His major achievement consists of a collection of literary biographies, which were printed in Stuttgart and Heidelberg in five volumes: German Philosophers (including philologists, poets, mathematicians and physicists), German Theologians, Foreign Theologians, Jurists and Politicians and Medics.
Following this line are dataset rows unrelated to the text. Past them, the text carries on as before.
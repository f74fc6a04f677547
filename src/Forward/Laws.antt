-- ===== src/Forward/Laws.antt =====
-- What `forward_add` and `forward_remove` promise to their callers.
use adb_termux_bridge.Base.{
  ℕ, ◌≡◌, refl, sym, ap, ◌∙◌, subst, ◌≢◌, ◌⊎◌, inl, inr, Bool, true, false, none, some, arith,
  Option-cases, ℤ, pos, negsuc, is_neg, Bytes,
}
use adb_termux_bridge.Forward.{
  Forward, Registry, Calls, new_forward, forward_add, find_forward, unlink, forward_remove,
  close_listen_fd, close_socket,
}
use adb_termux_bridge.Forward.Invariant.{IsValid, Added, added, forward_add_cases}
use adb_termux_bridge.Forward.Lists.{
  NotIn, socket_fds, NotIn-self-unlink, find-NotIn, find-unlink_ne, close-unlink, unlink-NotIn_fd,
}

remove_none :
    (id : ℕ) (r : Registry) → find_forward id r.forwards ≡ none → forward_remove id r ≡ (r, false)
unfolding forward_remove
remove_none id r e = rw (e, forward_remove)

remove_some :
    (id : ℕ) (r : Registry) (f : Forward)
    → find_forward id r.forwards ≡ some f
    → forward_remove id r ≡ (
      record r { forwards = unlink id r.forwards; sockets = close_listen_fd f.listen_fd r.sockets },
      true,
    )
unfolding forward_remove
remove_some id r f e = rw (e, forward_remove)

module _ (c : Calls) (unix_path host : Bytes) (port : ℤ) (secure : Bool) (r : Registry) where
  -- A call that returns a negative code changes nothing: no node, no socket and no thread is left
  -- behind, whichever of the seven ways out was taken.
  pub forward_add-unchanged :
      is_neg (forward_add c unix_path host port secure r).1 ≡ true
      → (forward_add c unix_path host port secure r).0 ≡ r
  forward_add-unchanged h = elim (forward_add_cases c unix_path host port secure r) [
    | inl f ↦ ap (λ o. o.0) f.result
    | inr a ↦ absurd (pos_not_neg (subst (λ o. is_neg o.1 ≡ true) a.result h))
  ]
    where
      pos_not_neg : false ≡ true → ⊥
      pos_not_neg e = cc

  Added-of_pos :
      (id : ℕ)
      → (forward_add c unix_path host port secure r).1 ≡ pos id
      → Added c unix_path host port secure r (forward_add c unix_path host port secure r)
        × (r.next_id ≡ id)
  Added-of_pos id h = elim (forward_add_cases c unix_path host port secure r) [
    | inl f ↦ absurd (negsuc_ne f.code (sym (ap (λ o. o.1) f.result) ∙ h))
    | inr a ↦ (a, same r.next_id (sym (ap (λ o. o.1) a.result) ∙ h))
  ]
    where
      negsuc_ne : (k : ℕ) → negsuc k ≡ pos id → ⊥
      negsuc_ne k e = cc

      same : (n : ℕ) → pos n ≡ pos id → n ≡ id
      same n e = cc

  find-added :
      (fd other : ℕ)
      → r.next_id ≢ other
      → find_forward other (added c fd unix_path host port secure r).forwards
        ≡ find_forward other r.forwards
  unfolding find_forward added new_forward
  find-added fd other h = ground arith

  find_self-added :
      (fd : ℕ)
      → find_forward r.next_id (added c fd unix_path host port secure r).forwards
        ≡ some (new_forward r.next_id fd unix_path host port secure)
  unfolding find_forward added new_forward
  find_self-added fd = ground arith

  -- A call that returns an id has a node under that id which holds the arguments, listens and runs;
  -- every other id names the node that it named before.
  pub forward_add-found :
      (id : ℕ)
      → (forward_add c unix_path host port secure r).1 ≡ pos id
      → (fd : ℕ) × (c.socket ≡ some fd)
        × (find_forward id (forward_add c unix_path host port secure r).0.forwards
            ≡ some (new_forward id fd unix_path host port secure))
        × ((other : ℕ)
            → id ≢ other
            → find_forward other (forward_add c unix_path host port secure r).0.forwards
              ≡ find_forward other r.forwards)
  forward_add-found id h =
      let (a, e) = Added-of_pos id h in
      rw (← e) (
        a.fd,
        a.got_socket,
        rw a.result (find_self-added a.fd),
        λ other ne. rw a.result (find-added a.fd other ne),
      )

  -- Removing what was just added gives back the list and the sockets.
  pub forward_remove-forward_add :
      (id : ℕ)
      → (forward_add c unix_path host port secure r).1 ≡ pos id
      → (let o = forward_remove id (forward_add c unix_path host port secure r).0 in
          (o.1 ≡ true) × (o.0.forwards ≡ r.forwards) × (o.0.sockets ≡ r.sockets))
  forward_remove-forward_add id h =
      let (a, e) = Added-of_pos id h in
      rw
        (
          ← e,
          a.result,
          remove_some r.next_id (added c a.fd unix_path host port secure r)
              (new_forward r.next_id a.fd unix_path host port secure) (find_self-added a.fd),
        )
        (back a.fd)
    where
      back :
          (fd : ℕ)
          → (◌≡◌ {A = Bool} true true)
            × (unlink r.next_id (added c fd unix_path host port secure r).forwards ≡ r.forwards)
            × (close_listen_fd
                  (new_forward r.next_id fd unix_path host port secure).listen_fd
                  (added c fd unix_path host port secure r).sockets
                ≡ r.sockets)
      back fd = unfold unlink close_listen_fd close_socket added new_forward in ground arith

-- In a valid list, removing succeeds exactly when the id names a node; then the id names nothing any
-- more, every other id names the node that it named before, and the node's socket is closed.
pub forward_remove_lem :
    (id : ℕ) (r : Registry)
    → IsValid r
    → ((find_forward id r.forwards ≡ none) × (forward_remove id r ≡ (r, false)))
      ⊎ ((f : Forward) × (find_forward id r.forwards ≡ some f)
          × ((forward_remove id r).1 ≡ true)
          × (find_forward id (forward_remove id r).0.forwards ≡ none)
          × ((other : ℕ)
              → id ≢ other
              → find_forward other (forward_remove id r).0.forwards ≡ find_forward other r.forwards)
          × ((fd : ℕ)
              → f.listen_fd ≡ some fd
              → NotIn fd (socket_fds (forward_remove id r).0.sockets)))
forward_remove_lem id r v = elim (Option-cases (find_forward id r.forwards)) [
  | inl e ↦ inl (e, remove_none id r e)
  | inr (f, e) ↦ inr (
    f,
    e,
    rw (remove_some id r f e) refl,
    rw (remove_some id r f e) (find-NotIn id _ (NotIn-self-unlink id r.forwards v.ids_distinct)),
    λ other ne. rw (remove_some id r f e) (find-unlink_ne id other r.forwards ne),
    λ fd k.
        rw
          (
            remove_some id r f e,
            close-unlink id r.forwards r.sockets f e v.fds_distinct v.sockets_owned,
          )
          (unlink-NotIn_fd id fd r.forwards f e k v.fds_distinct),
  )
]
The figures discussed were arranged chronologically by their date of death, most of which lie between 1420 and 1620. His sources were biographical texts, personal records, funeral orations, letters and various academic records.

His 1615 Vitae Germanorum philosophorum (Lives of German philosophers) contains one of the earliest biographies of Nicolaus Copernicus.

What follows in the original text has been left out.